TASK » Go through the records and filter out every line lacking the word "while"; copy the lines that remain.

(Stored items)

-- ===== src/Output/Runs.antt =====
-- Runs of the daemon's output: packets are queued on interfaces and written, in any order, by
-- eigrp_packet_output_enqueue and eigrp_packet_write of eigrpd/eigrp_packet.c.
use mathlib.Core.List.{Memᴰ}
use eigrpd.Base.{ℕ, ◌≡◌, refl, true, some, [], ◌∷◌, List}
use eigrpd.State.{Interface, World, Ends-at}
use eigrpd.Session.{Wire}
use eigrpd.Output.{waits, output_enqueue, packet_write}
use eigrpd.Output.Scheduled.{Scheduled, output_enqueue-Scheduled, packet_write-Scheduled}

-- The worlds that queueing and writing lead to. The shutting down of an interface, which takes it off
-- the list with its packets (eigrp_intf_stream_unset), is not among them.
pub data Run (wire : Wire) (w : World) : World → Type 0 where
  begin : Run wire w w
  queued :
      (ei p : ℕ) (v u : World) → Run wire w v → output_enqueue ei p v ≡ some (tt, u) → Run wire w u
  written : (v u : World) → Run wire w v → packet_write wire v ≡ some (tt, u) → Run wire w u

Run-Scheduled : (wire : Wire) (w v : World) → Scheduled w → Run wire w v → Scheduled v
Run-Scheduled wire w v s begin = s
Run-Scheduled wire w v s (queued ei p u _ run e) =
    Ends-at (output_enqueue-Scheduled ei p u (Run-Scheduled wire w u s run)) e
Run-Scheduled wire w v s (written u _ run e) =
    Ends-at (packet_write-Scheduled wire u (Run-Scheduled wire w u s run)) e

waits_listed : (ei : ℕ) (l : List ℕ) → Memᴰ ei l → waits l ≡ true
waits_listed ei [] m = elim m [ ]
waits_listed ei (x ∷ l) m = refl

-- From a world in which every interface with a packet is in the list of the interfaces to write and
-- the write event is pending while that list holds one, whatever packets are queued on interfaces
-- and whenever the write event fires, while no interface is shut down, an interface whose output
-- queue then holds a packet is in the list, and the write event is pending.
pub Run-pending :
    (wire : Wire) (w v : World)
    → Scheduled w
    → Run wire w v
    → (ei : ℕ) (i : Interface) (p : ℕ) → v.intfs ei ≡ some i
    → i.obuf.tail ≡ some p
    → Memᴰ ei v.oi_write_q × (v.t_write ≡ true)
Run-pending wire w v s run ei i p at packet =
    let t = Run-Scheduled wire w v s run in
    let m = t.ready.listed ei i at (t.ready.marked ei i at p packet) in
    (m, t.pending (waits_listed ei v.oi_write_q m))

OUTPUT OF THE EXERCISE »
-- the write event is pending while that list holds one, whatever packets are queued on interfaces
-- and whenever the write event fires, while no interface is shut down, an interface whose output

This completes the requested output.